This thread is making me think that i'm actually a 3c/4a :scratchch


----------



## tHENATuRALhAiRpRoJEcT (Jul 2, 2010)

LunadeMiel said:


> This thread is making me think that i'm actually a 3c/4a :scratchch



where are you now???


----------



## Boujoichic (Jul 2, 2010)

Wow TaraDyan beautiful hair


----------



## NikkiQ (Jul 2, 2010)

I took my LF off and took my hair down right after work today. My mom saw it and said "ummm...why don't you just get a perm?it'll be so long and pretty"


----------



## Morenita (Jul 3, 2010)

LunadeMiel said:


> This thread is making me think that i'm actually a 3c/4a :scratchch



You and me both Luna. I just don't feel like moving my pics lol.


----------



## NikkiQ (Jul 4, 2010)

hey HairLab...here's a picture for ya!!! 
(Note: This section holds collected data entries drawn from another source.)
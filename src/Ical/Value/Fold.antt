-- ===== src/Ical/Value/Fold.antt =====
-- crates/mgmt-ical/src/value.rs: `write_folded` ends on UTF-8 texts, and what a round pushes.
pub mod Lines
pub mod Width
use mathlib.Core.List.{append_assoc, append-nil}
use mgmtui.Base.{
  Option-cases, ℕ, zero, suc, ◌+◌, ◌-◌, ◌≤◌, ◌<◌, min, ◌≡◌, ◌≢◌, refl, sym, ap, ◌∙◌, arith, Text,
  Bool, true, false, Option, none, some, List, [], ◌∷◌, ◌++◌, length, take, drop, ltb, leb, eqb,
  if◌then◌else◌, All, All-append, All-take, All-drop, take-append-drop, length-take-le, length-drop,
  get_elem?-drop, get_elem?-none, Bool-cases, inl, inr,
}
use mgmtui.Base.Chars.{Lacks, split, split-append}
use mgmtui.Ical.Value.{
  block, taken, lf, cr, tab, is_boundary, back_up, fold_rest, write_folded, strip_cr, push_last,
  unfold_line, unfold_raw, unfold_lines,
}

-- Of any four neighbouring positions one is a character boundary, as in every UTF-8 text.
abbrev pub HasBoundaries : Text → Type 0
HasBoundaries line = (i : ℕ) → (j : ℕ) × (i ≤ j) × (j ≤ i + 3) × (is_boundary line j ≡ true)

-- Texts of single-byte characters are such.
pub ascii-HasBoundaries : (line : Text) → All (λ b. ltb b 128 ≡ true) line → HasBoundaries line
unfolding is_boundary
ascii-HasBoundaries [] h i = (i, omega arith, omega arith, refl)
ascii-HasBoundaries (b ∷ bs) h zero = (0, omega arith, omega arith, ground arith)
ascii-HasBoundaries (b ∷ bs) h (suc i) =
    let (j, lo, hi, e) = ascii-HasBoundaries bs h.1 i in (suc j, omega arith, omega arith, e)

is_boundary-drop : (k j : ℕ) (line : Text) → is_boundary (drop k line) j ≡ is_boundary line (k + j)
unfolding is_boundary
is_boundary-drop k j line = rw (get_elem?-drop k j line, is_boundary)

is_boundary-end : (line : Text) → is_boundary line (length line) ≡ true
unfolding is_boundary
is_boundary-end line = rw (get_elem?-none (length line) line (omega arith), is_boundary)

drop-HasBoundaries : (k : ℕ) (line : Text) → HasBoundaries line → HasBoundaries (drop k line)
drop-HasBoundaries k line h i =
    let (j, lo, hi, e) = h (k + i) in
    let there : k + (j - k) ≡ j = omega arith in
    (
      j - k,
      omega arith,
      omega arith,
      is_boundary-drop k (j - k) line ∙ ap (is_boundary line) there ∙ e,
    )

back_up-le : (rest : Text) (e : ℕ) → back_up rest e ≤ e
unfolding back_up
back_up-le rest zero = omega arith
back_up-le rest (suc e) = ground (arith, back_up-le rest e)

le-back_up : (rest : Text) (e j : ℕ) → j ≤ e → is_boundary rest j ≡ true → j ≤ back_up rest e
unfolding back_up
le-back_up rest zero j h b = h
le-back_up rest (suc e) j h b = elim (Bool-cases (is_boundary rest (suc e))) [
  | inl here ↦ rw here h
  | inr lower ↦ rw lower (le-back_up rest e j (grind arith) b)
]

-- Backing up from a budget of four bytes or more leaves at least one.
back_up_pos :
    (b : ℕ) (bs : Text) (budget : ℕ)
    → HasBoundaries (b ∷ bs)
    → 4 ≤ budget
    → 0 < back_up (b ∷ bs) (min budget (length (b ∷ bs)))
back_up_pos b bs budget h four = elim (Bool-cases (leb (length (b ∷ bs)) budget)) [
  | inl short ↦
      let whole : min budget (suc (length bs)) ≡ suc (length bs) = ground arith in
      rw whole (
        omega (
          arith,
          le-back_up (b ∷ bs) (suc (length bs)) (suc (length bs)) (omega arith)
              (is_boundary-end (b ∷ bs)),
        ))
  | inr long ↦
      let cut : min budget (suc (length bs)) ≡ budget = ground arith in
      let (j, lo, hi, e) = h (budget - 3) in
      rw cut (omega (arith, le-back_up (b ∷ bs) budget j (omega arith) e))
]

taken_pos : (first : Bool) (b : ℕ) (bs : Text) → HasBoundaries (b ∷ bs) → 0 < taken first (b ∷ bs)
unfolding taken
taken_pos true b bs h = back_up_pos b bs 75 h (omega arith)
taken_pos false b bs h = back_up_pos b bs 74 h (omega arith)

fold_rest-step :
    (fuel : ℕ) (first : Bool) (b : ℕ) (bs more : Text)
    → fold_rest fuel false (drop (taken first (b ∷ bs)) (b ∷ bs)) ≡ some more
    → fold_rest (suc fuel) first (b ∷ bs) ≡ some (block first (taken first (b ∷ bs)) (b ∷ bs) more)
unfolding fold_rest
fold_rest-step fuel first b bs more e = rw (e, fold_rest)

fold_rest-stuck :
    (fuel : ℕ) (first : Bool) (b : ℕ) (bs : Text)
    → fold_rest fuel false (drop (taken first (b ∷ bs)) (b ∷ bs)) ≡ none
    → fold_rest (suc fuel) first (b ∷ bs) ≡ none
unfolding fold_rest
fold_rest-stuck fuel first b bs e = rw (e, fold_rest)

fold_rest-some :
    (fuel : ℕ) (first : Bool) (rest : Text)
    → HasBoundaries rest
    → length rest ≤ fuel
    → (out : Text) × (fold_rest fuel first rest ≡ some out)
fold_rest-some fuel first [] h enough = ([], unfold fold_rest in refl)
fold_rest-some zero first (b ∷ bs) h enough = absurd (omega arith)
fold_rest-some (suc fuel) first (b ∷ bs) h enough =
    let end = taken first (b ∷ bs) in
    let (more, e) =
      fold_rest-some fuel false (drop end (b ∷ bs)) (drop-HasBoundaries end (b ∷ bs) h)
        (omega (arith, taken_pos first b bs h, length-drop end (b ∷ bs))) in
    (block first end (b ∷ bs) more, fold_rest-step fuel first b bs more e)

-- Folding ends on every UTF-8 text: a round takes at least one byte.
pub write_folded-some :
    (line : Text) → HasBoundaries line → (out : Text) × (write_folded line ≡ some out)
unfolding write_folded
write_folded-some line h = elim (Bool-cases (leb (length line) 75)) [
  | inl short ↦ (line ++ (cr ∷ lf ∷ []), rw (short, write_folded))
  | inr long ↦
      let (out, e) = fold_rest-some (length line) true line h (omega arith) in
      (out, rw (long, write_folded) e)
]

strip_cr-snoc : (xs : Text) → strip_cr (xs ++ (cr ∷ [])) ≡ xs
unfolding strip_cr
strip_cr-snoc [] = refl
strip_cr-snoc (x ∷ []) = refl
strip_cr-snoc (x ∷ y ∷ xs) = ap (λ l. x ∷ l) (strip_cr-snoc (y ∷ xs))

Lacks-snoc_cr : (xs : Text) → Lacks lf xs → Lacks lf (xs ++ (cr ∷ []))
Lacks-snoc_cr xs h = All-append _ xs (cr ∷ []) h (refl, tt)

-- A physical line in front, ended by CR LF, is the first part of the split.
split-physical :
    (xs rest : Text)
    → Lacks lf xs
    → split lf (xs ++ (cr ∷ lf ∷ rest)) ≡ (xs ++ (cr ∷ [])) ∷ split lf rest
split-physical xs rest h =
    ap (split lf) (sym (append_assoc xs (cr ∷ []) (lf ∷ rest)))
    ∙ split-append lf (xs ++ (cr ∷ [])) rest (Lacks-snoc_cr xs h)

write_folded-short :
    (line : Text) → leb (length line) 75 ≡ true → write_folded line ≡ some (line ++ (cr ∷ lf ∷ []))
unfolding write_folded
write_folded-short line e = rw (e, write_folded)

write_folded-long :
    (line : Text)
    → leb (length line) 75 ≡ false
    → write_folded line ≡ fold_rest (length line) true line
unfolding write_folded
write_folded-long line e = rw (e, write_folded)

-- What a successful run pushes: the block of this round and what the later rounds push.
fold_rest-eq-some :
    (fuel : ℕ) (first : Bool) (b : ℕ) (bs out : Text)
    → fold_rest (suc fuel) first (b ∷ bs) ≡ some out
    → (more : Text) × (fold_rest fuel false (drop (taken first (b ∷ bs)) (b ∷ bs)) ≡ some more)
      × (out ≡ block first (taken first (b ∷ bs)) (b ∷ bs) more)
fold_rest-eq-some fuel first b bs out e =
    elim (Option-cases (fold_rest fuel false (drop (taken first (b ∷ bs)) (b ∷ bs)))) [
      | inl q ↦ absurd (cc (fold_rest-stuck fuel first b bs q))
      | inr (more, q) ↦ (more, q, cc (fold_rest-step fuel first b bs more q))
    ]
I'm so proud of my little curl at the bottom!!


----------



## NikStarrr (Jul 4, 2010)

NikkiQ said:


> did any of you guys look like this in the early phases????
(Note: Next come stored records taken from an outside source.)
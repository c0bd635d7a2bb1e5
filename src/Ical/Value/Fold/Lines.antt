-- ===== src/Ical/Value/Fold/Lines.antt =====
-- crates/mgmt-ical/src/value.rs and parser.rs: lines that are written folded are read back.
use mathlib.Core.List.{append_assoc, append-nil}
use mgmtui.Base.{
  ℕ, zero, suc, ◌<◌, ◌≡◌, ◌≢◌, refl, sym, ap, ◌∙◌, arith, Text, Bool, true, false, Option, none,
  some, List, [], ◌∷◌, ◌++◌, length, take, drop, leb, eqb, if◌then◌else◌, All, All-append, All-take,
  All-drop, take-append-drop, Bool-cases, inl, inr,
}
use mgmtui.Base.Chars.{Lacks, split}
use mgmtui.Ical.Value.{
  block, taken, lf, cr, tab, fold_rest, write_folded, strip_cr, push_last, unfold_line, unfold_raw,
  unfold_lines,
}
use mgmtui.Ical.Value.Fold.{
  HasBoundaries, taken_pos, write_folded-some, strip_cr-snoc, split-physical, write_folded-short,
  write_folded-long, fold_rest-eq-some,
}

push_last-snoc :
    (ls : List Text) (l cont : Text) → push_last (ls ++ (l ∷ [])) cont ≡ ls ++ ((l ++ cont) ∷ [])
unfolding push_last
push_last-snoc [] l cont = refl
push_last-snoc (k ∷ []) l cont = refl
push_last-snoc (k ∷ j ∷ ls) l cont = ap (λ t. k ∷ t) (push_last-snoc (j ∷ ls) l cont)

unfold_line-continued :
    (ls : List Text) (l cs : Text)
    → unfold_line (ls ++ (l ∷ [])) (b' ' ∷ cs) ≡ ls ++ ((l ++ cs) ∷ [])
unfolding unfold_line
unfold_line-continued [] l cs = refl
unfold_line-continued (k ∷ ls) l cs = push_last-snoc (k ∷ ls) l cs

-- The line starts with neither a space nor a tab, and is not empty.
abbrev pub IsContent : Text → Type 0
IsContent [] = ⊥
IsContent (c ∷ cs) = (c ≢ b' ') × (c ≢ tab)

unfold_line-new :
    (ls : List Text) (line : Text) → IsContent line → unfold_line ls line ≡ ls ++ (line ∷ [])
unfolding unfold_line
unfold_line-new ls [] h = absurd h
unfold_line-new [] (c ∷ cs) h = refl
unfold_line-new (l ∷ ls) (c ∷ cs) h = ground arith

fold_rest-nil : (fuel : ℕ) (out : Text) → fold_rest fuel false [] ≡ some out → out ≡ []
unfolding fold_rest
fold_rest-nil fuel out e = cc

unfold_raw-cons :
    (ls : List Text) (raw : Text) (raws : List Text)
    → unfold_raw ls (raw ∷ raws) ≡ unfold_raw (unfold_line ls (strip_cr raw)) raws
unfolding unfold_raw
unfold_raw-cons ls raw raws = refl

-- One physical line is read.
unfold_raw-physical :
    (ls : List Text) (line rest : Text)
    → Lacks lf line
    → unfold_raw ls (split lf (line ++ (cr ∷ lf ∷ rest)))
      ≡ unfold_raw (unfold_line ls line) (split lf rest)
unfold_raw-physical ls line rest h =
    ap (unfold_raw ls) (split-physical line rest h)
    ∙ unfold_raw-cons ls (line ++ (cr ∷ [])) (split lf rest)
    ∙ ap (λ t. unfold_raw (unfold_line ls t) (split lf rest)) (strip_cr-snoc line)

block-append :
    (first : Bool) (end : ℕ) (rest more tail : Text)
    → block first end rest more ++ tail
      ≡ ((if first then [] else b' ' ∷ []) ++ take end rest) ++ (cr ∷ lf ∷ (more ++ tail))
block-append true end rest more tail = append_assoc (take end rest) (cr ∷ lf ∷ more) tail
block-append false end rest more tail =
    ap (λ t. b' ' ∷ t) (append_assoc (take end rest) (cr ∷ lf ∷ more) tail)

regroup_line : (end : ℕ) (l rest : Text) → (l ++ take end rest) ++ drop end rest ≡ l ++ rest
regroup_line end l rest =
    append_assoc l (take end rest) (drop end rest) ∙ ap (λ t. l ++ t) (take-append-drop end rest)

module _ (tail : Text) where
  -- Reading a block: its physical line, and then the rest.
  unfold_raw-block :
      (first : Bool) (end : ℕ) (rest more out : Text) (ls : List Text)
      → Lacks lf rest
      → out ≡ block first end rest more
      → unfold_raw ls (split lf (out ++ tail))
        ≡ unfold_raw
            (unfold_line ls ((if first then [] else b' ' ∷ []) ++ take end rest))
            (split lf (more ++ tail))
  unfold_raw-block first end rest more out ls h same =
      ap (λ t. unfold_raw ls (split lf t))
        (ap (λ t. t ++ tail) same ∙ block-append first end rest more tail)
      ∙ unfold_raw-physical ls _ (more ++ tail) (
          All-append (λ x. eqb x lf ≡ false) (if first then [] else b' ' ∷ []) (take end rest)
            (lead first) (All-take _ end rest h))
    where
      lead : (first : Bool) → Lacks lf (if first then [] else b' ' ∷ [])
      lead true = tt
      lead false = (refl, tt)

  -- The lines read from what the later rounds push are appended to the last line.
  unfold_raw-fold_rest :
      (fuel : ℕ) (rest out : Text) (ls : List Text) (l : Text)
      → Lacks lf rest
      → fold_rest fuel false rest ≡ some out
      → unfold_raw (ls ++ (l ∷ [])) (split lf (out ++ tail))
        ≡ unfold_raw (ls ++ ((l ++ rest) ∷ [])) (split lf tail)
  unfold_raw-fold_rest fuel [] out ls l h e = rw (fold_rest-nil fuel out e, append-nil)
  unfold_raw-fold_rest zero (b ∷ bs) out ls l h e = unfold fold_rest in cc
  unfold_raw-fold_rest (suc fuel) (b ∷ bs) out ls l h e =
      let end = taken false (b ∷ bs) in
      let part = take end (b ∷ bs) in
      let (more, q, same) = fold_rest-eq-some fuel false b bs out e in
      unfold_raw-block false end (b ∷ bs) more out (ls ++ (l ∷ [])) h same
      ∙ ap (λ k. unfold_raw k (split lf (more ++ tail))) (unfold_line-continued ls l part)
      ∙ unfold_raw-fold_rest fuel (drop end (b ∷ bs)) more ls (l ++ part)
          (All-drop _ end (b ∷ bs) h) q
      ∙ ap (λ t. unfold_raw (ls ++ (t ∷ [])) (split lf tail)) (regroup_line end l (b ∷ bs))

  -- The first part of a content line is one too, if it is not empty.
  IsContent-take : (end : ℕ) (line : Text) → 0 < end → IsContent line → IsContent (take end line)
  IsContent-take zero line h c = absurd (omega arith)
  IsContent-take (suc e) [] h c = c
  IsContent-take (suc e) (b ∷ bs) h c = c

  unfold_raw-write_folded :
      (line out : Text) (ls : List Text)
      → HasBoundaries line
      → IsContent line
      → Lacks lf line
      → write_folded line ≡ some out
      → unfold_raw ls (split lf (out ++ tail)) ≡ unfold_raw (ls ++ (line ∷ [])) (split lf tail)
  unfold_raw-write_folded [] out ls u c h e = absurd c
  unfold_raw-write_folded (b ∷ bs) out ls u c h e = elim (Bool-cases (leb (length (b ∷ bs)) 75)) [
    | inl short ↦
        let same : out ≡ (b ∷ bs) ++ (cr ∷ lf ∷ []) = cc (write_folded-short (b ∷ bs) short) in
        ap (λ t. unfold_raw ls (split lf t))
          (ap (λ t. t ++ tail) same ∙ append_assoc (b ∷ bs) (cr ∷ lf ∷ []) tail)
        ∙ unfold_raw-physical ls (b ∷ bs) tail h
        ∙ ap (λ k. unfold_raw k (split lf tail)) (unfold_line-new ls (b ∷ bs) c)
    | inr long ↦
        let end = taken true (b ∷ bs) in
        let part = take end (b ∷ bs) in
        let (more, q, same) =
          fold_rest-eq-some (length bs) true b bs out (sym (write_folded-long (b ∷ bs) long) ∙ e) in
        unfold_raw-block true end (b ∷ bs) more out ls h same
        ∙ ap (λ k. unfold_raw k (split lf (more ++ tail)))
            (unfold_line-new ls part (IsContent-take end (b ∷ bs) (taken_pos true b bs u) c))
        ∙ unfold_raw-fold_rest (length bs) (drop end (b ∷ bs)) more ls part
            (All-drop _ end (b ∷ bs) h) q
        ∙ ap (λ t. unfold_raw (ls ++ (t ∷ [])) (split lf tail)) (take-append-drop end (b ∷ bs))
  ]

-- Writing one content line after another.
abbrev pub write_all : List Text → Option Text
write_all [] = some []
write_all (l ∷ ls) = elim (write_folded l) [
  | none ↦ none
  | some out ↦ elim (write_all ls) [ none ↦ none | some more ↦ some (out ++ more) ]
]

-- A line that may be written: UTF-8, not empty, with no line feed, and not starting with white space.
abbrev pub IsLine : Text → Type 0
IsLine l = HasBoundaries l × IsContent l × Lacks lf l

unfold_raw-write_all :
    (lines : List Text) (acc : List Text)
    → All IsLine lines
    → (out : Text) × (write_all lines ≡ some out) × (unfold_raw acc (split lf out) ≡ acc ++ lines)
unfold_raw-write_all [] acc h =
    ([], refl, unfold unfold_raw unfold_line strip_cr split in sym (append-nil acc))
unfold_raw-write_all (l ∷ ls) acc h =
    let (out, e) = write_folded-some l h.0.0 in
    let (more, f, g) = unfold_raw-write_all ls (acc ++ (l ∷ [])) h.1 in
    (
      out ++ more,
      rw (e, f, write_all),
      unfold_raw-write_folded more l out acc h.0.0 h.0.1 h.0.2 e ∙ g ∙ append_assoc acc (l ∷ []) ls,
    )

-- Lines that may be written are written folded, one after another, and read back as they were: folding
-- ends on each, and unfolding joins the pieces of each line and nothing else.
pub unfold_lines-write_all :
    (lines : List Text)
    → All IsLine lines
    → (out : Text) × (write_all lines ≡ some out) × (unfold_lines out ≡ lines)
unfolding unfold_lines
unfold_lines-write_all lines h = unfold_raw-write_all lines [] h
your curl pattern (of what I can see) looks tighter than mine was.  It looks 4a.


----------



## NikkiQ (Jul 4, 2010)

NikStar said:


> your curl pattern (of what I can see) looks tighter than mine was. It looks 4a.


 

these textures are so hard to figure out!!!


----------



## tHENATuRALhAiRpRoJEcT (Jul 4, 2010)

even then there's no reward!!!


----------



## NikkiQ (Jul 4, 2010)

tHeHaIRLaB said:


> just difficult/impossible on relaxed hair. As soon as you big chop, the weightless texture from that relaxed hair will take it's form. Your hair would have to be many many months out like sylver2's
> 
> an unaltered curl pattern means free of shampoos, conditioners, chemicals, tension, etc. Your hair will bounce back/ shrink & curl up like a spring
> 
> The state it's in now you'll kill yourself trying to figure it out! even then there's no reward!!!


 

Yeah I kinda figured I was fighting a losing battle at this point lol. I'm in this for the long haul so I'm sure MUCH further down the line, I won't be stressing myself out like crazy over this


----------



## omachine (Jul 4, 2010)

i'm just happy to be among other curly girls no matter what their curl pattern....it's nice not being the only one with racially ambigious hair....


----------



## tHENATuRALhAiRpRoJEcT (Jul 5, 2010)

*bump bump.......**http://www.longhaircareforum.com/showthread.php?t=476346&highlight=*


----------



## adf23 (Jul 5, 2010)

Face is an oil slick:















Wng before its fluffed out:


----------



## Kurli-Q (Jul 5, 2010)

May I ask, how do you guys get your hair to go down?  Mine only wants to go out to the sides.  I've tried everything, but my hair seems to have a mind of its own.


----------



## adf23 (Jul 5, 2010)

Kurli-Q said:


> May I ask, how do you guys get your hair to go down?  Mine only wants to go out to the sides.  I've tried everything, but my hair seems to have a mind of its own.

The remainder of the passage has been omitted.